Far from the usual good-time girl, Nicole Chevalier’s bruised, blood-smeared Semele is a victim who escapes her father and fiancé’s dominance only to find herself trapped in an abusive relationship with Jupiter (a chilling turn from English tenor Allan Clayton – malevolence with a sashay and a smirk).
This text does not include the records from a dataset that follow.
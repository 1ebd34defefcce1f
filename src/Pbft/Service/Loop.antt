-- ===== src/Pbft/Service/Loop.antt =====
-- The loop of `process_awaiting_operations`: each round keeps the invariant of the queue and takes one
-- request from the storage, so the loop ends.
use bluzelle.Base.{
  ℕ, zero, suc, ◌+◌, ◌%◌, ◌^◌, ◌<◌, ◌≡◌, ◌⊎◌, refl, sym, ap, ◌∙◌, Bool, true, false, not, List, [],
  ◌∷◌, ◌++◌, Option, none, some, All-map, if◌then◌else◌, arith, Bool-cases, Option-cases, inl, inr,
  none-ne-some,
}
use bluzelle.Bytes.{Bytes, bytes_eq}
use bluzelle.Bytes.Order.{bytes_eq_iff}
use bluzelle.Storage.{MemStorage, StorageResult, ok, read, update, remove}
use bluzelle.Storage.Lookup.{read-update, read-remove, has-read, at}
use bluzelle.Pbft.Service.{
  to_string, next_request_sequence_key, CrudBase, Wire, Awaited, Service, Outcome, finished, failed,
  unfinished, open_session, then_do, process_one, process, backlog, process_awaiting_operations,
  save_next_request_sequence, is_due,
}
use bluzelle.Pbft.Service.Keys.{to_string_injective, to_string_other}
use bluzelle.Pbft.Service.Backlog.{waiting-remove, waiting-save, is_request_key}
use bluzelle.Pbft.Service.Queue.{
  Executed, request, snapshot, ReadsBack, Known, at_number, IsKept, IsQueued, Ends, given, handled,
  advanced, process_one-Ends, removed,
}

-- What a write changes, where the result does not matter.
either :
    {A : Type 0} (r : StorageResult) (b : Bool) (x y : A)
    → b ≡ false
    → elim r as (λ _. A) [ ok ↦ if b then y else x | _ ↦ x ] ≡ x
either ok b x y e = rw e refl
either _ b x y e = refl

not_next : (n : ℕ) → bytes_eq (to_string n) next_request_sequence_key ≡ false
not_next n = elim (Bool-cases (bytes_eq (to_string n) next_request_sequence_key)) [
  | inl z ↦ absurd (to_string_other n ((bytes_eq_iff (to_string n) next_request_sequence_key).0 z))
  | inr z ↦ z
]

pub not_number : (n : ℕ) → bytes_eq next_request_sequence_key (to_string n) ≡ false
not_number n = elim (Bool-cases (bytes_eq next_request_sequence_key (to_string n))) [
  | inl z ↦
      absurd (to_string_other n (sym ((bytes_eq_iff next_request_sequence_key (to_string n)).0 z)))
  | inr z ↦ z
]

pub number-IsRequest : (n : ℕ) → is_request_key (to_string n) ≡ true
number-IsRequest n = ap not (not_next n)

pub self : (u : Bytes) → bytes_eq u u ≡ true
self u = (bytes_eq_iff u u).1 refl

-- The saved sequence number is not among the requests.
pub read-saved :
    (s : MemStorage) (u v : Bytes) (n : ℕ)
    → read (update s u next_request_sequence_key v).0 u (to_string n) ≡ read s u (to_string n)
read-saved s u v n =
    read-update s u next_request_sequence_key v u (to_string n)
    ∙ either (update s u next_request_sequence_key v).1
        (at u next_request_sequence_key u (to_string n)) (read s u (to_string n)) (some v)
        (rw (self u, not_number n) refl)

read-removed :
    (s : MemStorage) (u k v : Bytes) (n : ℕ)
    → read s u k ≡ some v
    → read (remove s u k).0 u (to_string n)
      ≡ (if bytes_eq k (to_string n) then none else read s u (to_string n))
read-removed s u k v n e = read-remove s u k u (to_string n) ∙ rw (removed s u k v e, self u) refl

open_session_cases :
    {D : Type 0} (wire : Wire D) (session : Option ℕ)
    → (open_session wire session ≡ none) ⊎ (open_session wire session ≡ session)
open_session_cases wire none = inl refl
open_session_cases wire (some id) = elim (Bool-cases (wire.is_open id)) [
  | inl z ↦ inr (rw z refl)
  | inr z ↦ inl (rw z refl)
]

module _ {K D C : Type 0} (wire : Wire D) (base : CrudBase K D) where
  if-Executed :
      (start : K) (n : ℕ) (ops : List (Awaited D C)) (k : K) (b : Bool)
      → Executed base wire.set_request_hash wire.is_direct start n ops k
      → Executed base wire.set_request_hash wire.is_direct start n ops
          (if b then (base.save_state k).0 else k)
  if-Executed start n ops k true h = snapshot h
  if-Executed start n ops k false h = h

  at_number-advanced :
      (s : Service K D C) (v : Bytes) (n : ℕ)
      → at_number s s.next_request_sequence ≡ some v
      → at_number (advanced wire base s) n ≡ (
          if bytes_eq (to_string s.next_request_sequence) (to_string n)
          then none
          else at_number s n)
  unfolding save_next_request_sequence
  at_number-advanced s v n e =
      let st = (remove s.unstable_storage s.uuid (to_string s.next_request_sequence)).0 in
      read-saved st s.uuid (to_string ((s.next_request_sequence + 1) % 2 ^ 64)) n
      ∙ read-removed s.unstable_storage s.uuid (to_string s.next_request_sequence) v n e

  IsKept-advanced :
      (s : Service K D C) (v : Bytes) (n i : ℕ)
      → s.next_request_sequence ≡ (n + 1) % 2 ^ 64
      → at_number s s.next_request_sequence ≡ some v
      → IsKept n s i
      → IsKept (suc n) (advanced wire base s) i
  IsKept-advanced s v n i q e (small, inr le) = (small, inr (omega (arith, le)))
  IsKept-advanced s v n i q e (small, inl (w, f)) =
      elim (Bool-cases (bytes_eq (to_string s.next_request_sequence) (to_string i))) [
        | inl z ↦
            let same : s.next_request_sequence ≡ i =
              to_string_injective s.next_request_sequence i (omega (arith, q)) small
                ((bytes_eq_iff (to_string s.next_request_sequence) (to_string i)).0 z) in
            (small, inr (omega (arith, same, q)))
        | inr z ↦ (small, inl (w, at_number-advanced s v i e ∙ rw z f))
      ]

  Known-advanced :
      (s : Service K D C) (v : Bytes) (i : ℕ) (w : Bytes)
      → at_number s s.next_request_sequence ≡ some v
      → (at_number s i ≡ some w → Known wire base s.operations_awaiting_result i w)
      → at_number (advanced wire base s) i ≡ some w
      → Known wire base s.operations_awaiting_result i w
  Known-advanced s v i w e h f =
      elim (Bool-cases (bytes_eq (to_string s.next_request_sequence) (to_string i))) [
        | inl z ↦ absurd (none-ne-some (sym (at_number-advanced s v i e ∙ rw z refl) ∙ f))
        | inr z ↦ h (sym (at_number-advanced s v i e ∙ rw z refl) ∙ f)
      ]

  round-IsQueued :
      (start : K) (n : ℕ) (asked : List ℕ) (s : Service K D C) (v : Bytes)
      → (q : IsQueued wire base start n asked s) → at_number s s.next_request_sequence ≡ some v
      → (k : Known wire base s.operations_awaiting_result s.next_request_sequence v)
      → IsQueued wire base start
          (suc n)
          asked
          (advanced wire base (handled wire base k.operation k.envelope s))
  unfolding save_next_request_sequence
  round-IsQueued start n asked s v q e k =
      let t = handled wire base k.operation k.envelope s in
      record {
        executed =
            if-Executed start (suc n) (s.executed ++ k.operation ∷ [])
              (given wire base k.operation k.envelope s).0 (is_due wire base s)
              (request k.operation.0 k.operation.1 (open_session wire k.operation.1) k.envelope
                q.executed (k.sequence ∙ q.next) k.request (open_session_cases wire k.operation.1));
        next = omega (arith, q.next);
        known = λ i w small f. Known-advanced t v i w e (q.known i w small) f;
        kept =
            All-map (IsKept n s) (IsKept (suc n) (advanced wire base t)) asked
              (λ i h. IsKept-advanced t v n i q.next e h) q.kept;
      }

  backlog-advanced :
      (s : Service K D C) (v : Bytes)
      → at_number s s.next_request_sequence ≡ some v
      → backlog wire base (advanced wire base s) < backlog wire base s
  unfolding backlog save_next_request_sequence
  backlog-advanced s v e =
      let k = to_string s.next_request_sequence in
      let fewer =
        waiting-remove s.unstable_storage s.uuid k (number-IsRequest s.next_request_sequence)
          (removed s.unstable_storage s.uuid k v e) in
      let same =
        waiting-save (remove s.unstable_storage s.uuid k).0 s.uuid
          (to_string ((s.next_request_sequence + 1) % 2 ^ 64)) in
      omega (arith, fewer, same)

  Ends-then :
      (P Q : Service K D C → Type 0) (r : Outcome (Service K D C))
      (f : Service K D C → Outcome (Service K D C))
      → Ends wire base P r
      → ((s : Service K D C) → P s → Ends wire base Q (f s))
      → Ends wire base Q (then_do r f)
  Ends-then P Q (finished s) f h g = g s h
  Ends-then P Q (failed e s) f h g = h
  Ends-then P Q (unfinished s) f h g = h

  -- Nothing is stored for the next number.
  abbrev pub IsDrained : K → List ℕ → Service K D C → Type 0
  IsDrained start asked s =
      (n : ℕ) × IsQueued wire base start n asked s × (at_number s s.next_request_sequence ≡ none)

  abbrev IsShorter : K → List ℕ → Service K D C → Service K D C → Type 0
  IsShorter start asked s t =
      (n : ℕ) × IsQueued wire base start n asked t × (backlog wire base t < backlog wire base s)

  process-Ends :
      (fuel : ℕ) (start : K) (n : ℕ) (asked : List ℕ) (s : Service K D C)
      → ReadsBack wire
      → IsQueued wire base start n asked s
      → backlog wire base s < fuel
      → Ends wire base (IsDrained start asked) (process wire base fuel s)
  unfolding process backlog
  process-Ends zero start n asked s back q h = absurd (omega (arith, h))
  process-Ends (suc fuel) start n asked s back q h =
      let st = s.unstable_storage in
      let key = to_string s.next_request_sequence in
      elim (Option-cases (at_number s s.next_request_sequence)) [
        | inl e ↦ rw (process, has-read st s.uuid key, e) (n, q, e)
        | inr (v, e) ↦
            let k = q.known s.next_request_sequence v (omega (arith, q.next)) e in
            rw (process, has-read st s.uuid key, e)
              (Ends-then (IsShorter start asked s) (IsDrained start asked) (process_one wire base s)
                (process wire base fuel)
                (process_one-Ends wire base (IsShorter start asked s) s v back e k (λ _. (
                  suc n,
                  round-IsQueued start n asked s v q e k,
                  backlog-advanced (handled wire base k.operation k.envelope s) v e,
                )))
                (λ t (m, r, l). process-Ends fuel start m asked t back r (omega (arith, l, h))))
      ]

  pub process_awaiting_operations-Ends :
      (start : K) (n : ℕ) (asked : List ℕ) (s : Service K D C)
      → ReadsBack wire
      → IsQueued wire base start n asked s
      → Ends wire base (IsDrained start asked) (process_awaiting_operations wire base s)
  unfolding process_awaiting_operations
  process_awaiting_operations-Ends start n asked s back q =
      process-Ends (suc (backlog wire base s)) start n asked s back q (omega arith)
Neither singer is afraid to break Handel’s lines into fragments, to make them husky, hoarse, even choked in scenes.

Things push a little far in Ezgi Kutlu’s wildly sung Juno, pulled back by Katarina Bradic’s enveloping, lyrical Ino and countertenor Eric Jurenas’s unruffled coloratura as the rejected Athamas – all efficiently supported by conductor Konrad Junghanel.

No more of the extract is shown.